(Stored items)
══════════
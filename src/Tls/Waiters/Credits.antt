-- ===== src/Tls/Waiters/Credits.antt =====
-- No credit is lost or used twice.
use tls.Base.{
  ℕ, suc, ◌+◌, ◌≡◌, inl, inr, Option-cases, Result-cases, Bool, true, false, some, ok, List, [],
  ◌∷◌, arith,
}
use tls.Tls.Waiters.{
  Resource, Lanes, Fate, claimed, retried, taken, cancelled, Queue, QueueCall, registers, takes,
  wakes, drops, cancels, register, take_waiter, wake, cancel, drop_registration, call, calls,
}

-- How many entries `p` holds of.
unfoldable pub tally : {A : Type 0} → (A → Bool) → List A → ℕ
tally p [] = 0
tally p (x ∷ xs) = let rest = tally p xs in elim (p x) [ true ↦ suc rest | false ↦ rest ]

module _ ⦃l : Lanes⦄ where
  open l use {Held, Fifo, Target, EntryError, insert, pop_front, remove_if, rollback}

  -- The entries of a fifo, whatever their order: an insertion adds one, a removal takes one.
  pub record LaneLaws : Type 0 where
    pub waiting : Fifo → List Held
    pub insert-ok :
        (k : Resource) (f : Fifo) (i : ℕ) (h : Held) {f' : Fifo} (p : Held → Bool)
        → insert k f i h ≡ ok f'
        → tally p (waiting f') ≡ tally p (h ∷ waiting f)
    pub pop_front-some :
        (k : Resource) (f : Fifo) {h : Held} {f' : Fifo} (p : Held → Bool)
        → pop_front k f ≡ some (h, f')
        → tally p (waiting f) ≡ tally p (h ∷ waiting f')
    pub remove_if-some :
        (f : Fifo) (i : ℕ) (t : Held → Bool) {h : Held} {f' : Fifo} (p : Held → Bool)
        → remove_if f i t ≡ some (h, f')
        → tally p (waiting f) ≡ tally p (h ∷ waiting f')
    pub rollback-some :
        (k : Resource) (f : Fifo) {h : Held} {f' : Fifo} (p : Held → Bool)
        → rollback k f ≡ some (h, f')
        → tally p (waiting f) ≡ tally p (h ∷ waiting f')

  -- The credits that were claimed, and those that were retried, taken or cancelled since.
  unfoldable pub claims : List (Fate Held) → List Held
  claims [] = []
  claims (claimed h ∷ fs) = h ∷ claims fs
  claims (retried h ∷ fs) = claims fs
  claims (taken h ∷ fs) = claims fs
  claims (cancelled h ∷ fs) = claims fs

  unfoldable pub ends : List (Fate Held) → List Held
  ends [] = []
  ends (claimed h ∷ fs) = ends fs
  ends (retried h ∷ fs) = h ∷ ends fs
  ends (taken h ∷ fs) = h ∷ ends fs
  ends (cancelled h ∷ fs) = h ∷ ends fs

module _ ⦃l : Lanes⦄ (laws : LaneLaws) where
  open l use {Held, insert, pop_front, remove_if, rollback, slot, id, same_id}
  open laws use {waiting}

  -- Of the credits that `p` holds of, each one claimed waits or has come to one end.
  abbrev pub Balanced : (Held → Bool) → Queue → Type 0
  Balanced p q = tally p (claims q.fates) ≡ tally p (waiting q.waiters) + tally p (ends q.fates)

  register-Balanced :
      (p : Held → Bool) (q : Queue) (k : Resource) (h : Held)
      → Balanced p q
      → Balanced p (call q (registers k h))
  unfolding call register claims ends tally
  register-Balanced p q k h b = elim (Result-cases (insert k q.waiters (slot (id h)) h)) [
    | inr (e, f) ↦ rw (f, call, register) b
    | inl (w, f) ↦
        rw (f, call, register) (ground (arith, laws.insert-ok k q.waiters (slot (id h)) h p f))
  ]

  take-Balanced :
      (p : Held → Bool) (q : Queue) (k : Resource) → Balanced p q → Balanced p (call q (takes k))
  unfolding call take_waiter claims ends tally
  take-Balanced p q k b = elim (Option-cases (pop_front k q.waiters)) [
    | inl f ↦ rw (f, call, take_waiter) b
    | inr ((h, w), f) ↦
        rw (f, call, take_waiter) (ground (arith, laws.pop_front-some k q.waiters p f))
  ]

  wake-Balanced :
      (p : Held → Bool) (q : Queue) (k : Resource) → Balanced p q → Balanced p (wake q k)
  unfolding wake take_waiter claims ends tally
  wake-Balanced p q k b = elim (Option-cases (pop_front k q.waiters)) [
    | inl f ↦ rw (f, wake, take_waiter) b
    | inr ((h, w), f) ↦
        rw (f, wake, take_waiter) (ground (arith, laws.pop_front-some k q.waiters p f))
  ]

  drop-Balanced :
      (p : Held → Bool) (q : Queue) (k : Resource)
      → Balanced p q
      → Balanced p (drop_registration q k)
  unfolding drop_registration claims ends tally
  drop-Balanced p q k b = elim (Option-cases (rollback k q.waiters)) [
    | inl f ↦ rw (f, drop_registration) b
    | inr ((h, w), f) ↦
        rw (f, drop_registration) (ground (arith, laws.rollback-some k q.waiters p f))
  ]

  cancel-Balanced :
      (p : Held → Bool) (q : Queue) (i : l.Target) → Balanced p q → Balanced p (cancel q i)
  unfolding cancel claims ends tally
  cancel-Balanced p q i b =
      elim (Option-cases (remove_if q.waiters (slot i) (λ guard. same_id (id guard) i))) [
        | inl f ↦ rw (f, cancel) b
        | inr ((h, w), f) ↦
            rw (f, cancel) (ground (arith, laws.remove_if-some q.waiters (slot i) _ p f))
      ]

  call-Balanced :
      (p : Held → Bool) (q : Queue) (c : QueueCall) → Balanced p q → Balanced p (call q c)
  unfolding call
  call-Balanced p q (registers k h) b = register-Balanced p q k h b
  call-Balanced p q (takes k) b = take-Balanced p q k b
  call-Balanced p q (wakes k) b = wake-Balanced p q k b
  call-Balanced p q (drops k) b = drop-Balanced p q k b
  call-Balanced p q (cancels i) b = cancel-Balanced p q i b

  -- Over any history of calls every credit that was claimed is accounted for: it waits in the queue,
  -- or it was retried, taken or cancelled, once.
  pub calls-Balanced :
      (p : Held → Bool) (q : Queue) (cs : List QueueCall) → Balanced p q → Balanced p (calls q cs)
  unfolding calls
  calls-Balanced p q [] b = b
  calls-Balanced p q (c ∷ cs) b = calls-Balanced p (call q c) cs (call-Balanced p q c b)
══════════
> Task: A line belongs in the answer if it contains the word "holds"; copy every such line from the data above.

> Answer space:
-- How many entries `p` holds of.
  -- Of the credits that `p` holds of, each one claimed waits or has come to one end.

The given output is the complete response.